LONDON, U.K. — Ruling parties in Western democracies have a limited shelf life and in Britain it's rarely more than a decade. The reinvented Labour Party that swept Tony Blair into power more than a dozen years ago is clearly way beyond its "sell by" date. Sometime in the next few months voters will throw it out in a general election, ending an era that turned stodgy old England into Cool Britannia.
Tony Blair's Britain was a feel-good place. Tory Prime Minister Margaret Thatcher had made the country more efficient and prosperous in the 1980s. It had less unemployment and more job opportunities than continental Europe. Blair continued the Thatcher revolution, but called it "New Labour" and sweetened it by throwing lots of money at schools, hospitals and social services.
Much of the spending was off the books. It's now obvious that Cool Britannia was living beyond its means.

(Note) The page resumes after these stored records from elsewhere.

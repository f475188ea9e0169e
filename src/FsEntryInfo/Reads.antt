-- ===== src/FsEntryInfo/Reads.antt =====
-- Reads that must give all of their bytes.
use drop_file.Common.{
  ℕ, ◌+◌, ◌<◌, ◌≡◌, sym, ap, ◌∙◌, true, false, ◌++◌, arith, dec_le, Bytes, length, take, drop,
  take-append-drop, length-take, take_all, drop-drop, take_front, drop_front,
}
use drop_file.Streams.{InputStream, ahead, read}
use drop_file.FsEntryInfo.{fs_entry_info_exception, done, thrown, read_whole}

-- The stream behind the next `n` bytes.
abbrev pub skipped : ℕ → InputStream → InputStream
skipped n s = record s { position = s.position + n }

pub ahead-skipped :
    (d rest : Bytes) (n : ℕ) (s : InputStream)
    → length d ≡ n
    → ahead s ≡ d ++ rest
    → ahead (skipped n s) ≡ rest
ahead-skipped d rest n s len e =
    sym (drop-drop n s.position s.content) ∙ ap (drop n) e ∙ drop_front d rest n len

pub read_whole-front :
    (d rest message : Bytes) (n : ℕ) (s : InputStream)
    → s.failed ≡ false
    → length d ≡ n
    → ahead s ≡ d ++ rest
    → read_whole n message s ≡ done d (skipped n s)
unfolding read_whole read
read_whole-front d rest message n s good len e =
    rw (good, e, take_front d rest n len, len) (ground (arith, good))

pub read_whole-short :
    (message : Bytes) (n : ℕ) (s : InputStream)
    → s.failed ≡ false
    → length (ahead s) < n
    → (t : InputStream) × (read_whole n message s ≡ thrown (fs_entry_info_exception message) t)
unfolding read_whole read
read_whole-short message n s good short = (
  record s { position = s.position + length (ahead s); failed = true },
  rw (good, take_all n (ahead s) (omega arith)) (ground arith),
)

-- What a read that is done says of the stream.
pub record Took (n : ℕ) (d : Bytes) (s t : InputStream) : Type 0 where
  pub size : length d ≡ n
  pub front : ahead s ≡ d ++ ahead t
  pub moved : t.position ≡ s.position + n
  pub good : t.failed ≡ false

pub read_whole-Took :
    (message : Bytes) (n : ℕ) (d : Bytes) (s t : InputStream)
    → s.failed ≡ false
    → read_whole n message s ≡ done d t
    → Took n d s t
unfolding read_whole read
read_whole-Took message n d s t good h = elim (dec_le n (length (ahead s))) [
  | yes enough ↦
      let got = take n (ahead s) in
      let len : length got ≡ n = omega (arith, length-take n (ahead s)) in
      let split : ahead s ≡ got ++ drop n (ahead s) = sym (take-append-drop n (ahead s)) in
      let same : read_whole n message s ≡ done got (skipped n s) =
        read_whole-front got (drop n (ahead s)) message n s good len split in
      let is_got : got ≡ d = ground arith in
      let is_past : skipped n s ≡ t = ground arith in
      record {
        size = rw (← is_got) len;
        front =
            split
            ∙ ap (◌++◌ got) (sym (ahead-skipped got (drop n (ahead s)) n s len split))
            ∙ ap (λ x. x ++ ahead (skipped n s)) is_got
            ∙ ap (λ u. d ++ ahead u) is_past;
        moved = rw (← is_past);
        good = rw (← is_past) good;
      }
  | no short ↦ let (u, e) = read_whole-short message n s good (omega arith) in ground arith
]
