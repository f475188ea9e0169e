-- ===== src/FsEntryInfo/Format.antt =====
-- The bytes of an archive entry: what writeToStream puts into the archive, and readFromStream takes.
use drop_file.Socket.Header.{le_value-le_bytes_one, le_value-le_bytes, length-le_bytes}
use drop_file.FsEntryInfo.{
  le_value, header_size, done, le_bytes, get_remaining_bytes, path_max_len, read_from_stream,
  FsEntryInfo,
}
use drop_file.Common.{
  ℕ, ◌+◌, ◌-◌, ◌%◌, ◌^◌, ◌≤◌, ◌<◌, ◌≡◌, refl, ap, ◌∙◌, false, ◌++◌, append_assoc, arith,
  le→ltb_false, Bytes, text, length, length-append,
}
use drop_file.Streams.{InputStream, ahead}
use drop_file.FsEntryInfo.Reads.{read_whole-front, skipped, ahead-skipped}

-- One byte, the length of the path, the path, and the length of the compressed file behind it.
unfoldable pub entry_header : FsEntryInfo → Bytes
entry_header e =
    le_bytes 1 e.is_directory
    ++ (le_bytes header_size (length e.relative_path)
        ++ (e.relative_path ++ le_bytes header_size e.compressed_length))

-- What can be written: a byte, a path of a legal length, and a std::size_t.
pub record IsEntry (e : FsEntryInfo) : Type 0 where
  pub byte : e.is_directory < 256
  pub path_fits : length e.relative_path ≤ path_max_len
  pub length_fits : e.compressed_length < 2 ^ 64

pub length-entry_header : (e : FsEntryInfo) → length (entry_header e) ≡ 17 + length e.relative_path
unfolding entry_header
length-entry_header e = omega (
  arith,
  length-append (le_bytes 1 e.is_directory) (
      le_bytes header_size (length e.relative_path)
      ++ (e.relative_path ++ le_bytes header_size e.compressed_length)),
  length-append (le_bytes header_size (length e.relative_path))
      (e.relative_path ++ le_bytes header_size e.compressed_length),
  length-append e.relative_path (le_bytes header_size e.compressed_length),
  length-le_bytes 1 e.is_directory,
  length-le_bytes 8 (length e.relative_path),
  length-le_bytes 8 e.compressed_length,
)

pub entry_header-append :
    (e : FsEntryInfo) (rest : Bytes)
    → entry_header e ++ rest
      ≡ le_bytes 1 e.is_directory
        ++ (le_bytes header_size (length e.relative_path)
            ++ (e.relative_path ++ (le_bytes header_size e.compressed_length ++ rest)))
unfolding entry_header
entry_header-append e rest =
    let d = le_bytes 1 e.is_directory in
    let n = le_bytes header_size (length e.relative_path) in
    let c = le_bytes header_size e.compressed_length in
    append_assoc d (n ++ (e.relative_path ++ c)) rest
    ∙ ap (◌++◌ d) (
        append_assoc n (e.relative_path ++ c) rest
        ∙ ap (◌++◌ n) (append_assoc e.relative_path c rest))

module _ (format_number : ℕ → Bytes) where
  -- From a good stream whose next bytes are the header of an entry, with at least its compressed
  -- length behind them, readFromStream reads that entry and stops behind its header.
  pub read_from_stream-entry_header :
      (e : FsEntryInfo) (rest : Bytes) (total : ℕ) (s : InputStream)
      → IsEntry e
      → s.failed ≡ false
      → ahead s ≡ entry_header e ++ rest
      → total < 2 ^ 64
      → s.position + length (entry_header e) + e.compressed_length ≤ total
      → read_from_stream format_number total s ≡ done e (skipped (length (entry_header e)) s)
  unfolding read_from_stream get_remaining_bytes
  read_from_stream-entry_header e rest total s w good at fits enough =
      let len = length e.relative_path in
      let path_bytes = le_bytes header_size len in
      let size_bytes = le_bytes header_size e.compressed_length in
      let tail2 = e.relative_path ++ (size_bytes ++ rest) in
      let s1 = skipped 1 s in
      let s2 = skipped 8 s1 in
      let s3 = skipped len s2 in
      let s4 = skipped 8 s3 in
      let at0 : ahead s ≡ le_bytes 1 e.is_directory ++ (path_bytes ++ tail2) =
        at ∙ entry_header-append e rest in
      let at1 : ahead s1 ≡ path_bytes ++ tail2 =
        ahead-skipped (le_bytes 1 e.is_directory) _ 1 s (length-le_bytes 1 e.is_directory) at0 in
      let at2 : ahead s2 ≡ tail2 = ahead-skipped path_bytes _ 8 s1 (length-le_bytes 8 len) at1 in
      let at3 : ahead s3 ≡ size_bytes ++ rest = ahead-skipped e.relative_path _ len s2 refl at2 in
      let len_is : le_value path_bytes ≡ len = le_value-le_bytes len (omega (arith, w.path_fits)) in
      let size_is : le_value size_bytes ≡ e.compressed_length =
        le_value-le_bytes e.compressed_length w.length_fits in
      let byte_is : le_value (le_bytes 1 e.is_directory) ≡ e.is_directory =
        le_value-le_bytes_one e.is_directory w.byte in
      let left : (total + 2 ^ 64 - s4.position) % 2 ^ 64 ≡ total - s4.position =
        omega (arith, length-entry_header e) in
      rw (read_whole-front _ _ _ 1 s good (length-le_bytes 1 e.is_directory) at0) (
        rw
          (
            read_whole-front _ _ _ 8 s1 good (length-le_bytes 8 len) at1,
            len_is,
            le→ltb_false path_max_len len w.path_fits,
            read_whole-front e.relative_path _ (text "Could not read whole path.") len s2 good refl
                at2,
            read_whole-front size_bytes _ (text "Could not read compressed length.") 8 s3 good
                (length-le_bytes 8 e.compressed_length) at3,
            good,
            size_is,
            byte_is,
            left,
          )
          (ground (arith, length-entry_header e)))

On top of those huge debts, New Labour encouraged the country's booming banks to take foolish risks in a no-holds-barred race to become the financial capital of the world. That was a bet that cost the taxpayers billions when the great recession of 2008-2009 shook world financial markets. Former Chancellor of the Exchequer Gordon Brown, who stepped into Blair's shoes in 2007, was forced to nationalize leading banks to keep the financial system from collapsing. So much for his vaunted economic acumen.
In some ways, Britain is now worse off than when New Labour came to power in 1997. It's flat broke, discontented and in far worse fiscal shape than Germany, France or the United States. As a dreadful year draws to a wintry close, angry labor unions are threatening to make life even more difficult for the government.
Tony Blair, whose winning smile and way with words made him seem invulnerable, is now reviled by much of the British media and the country at large.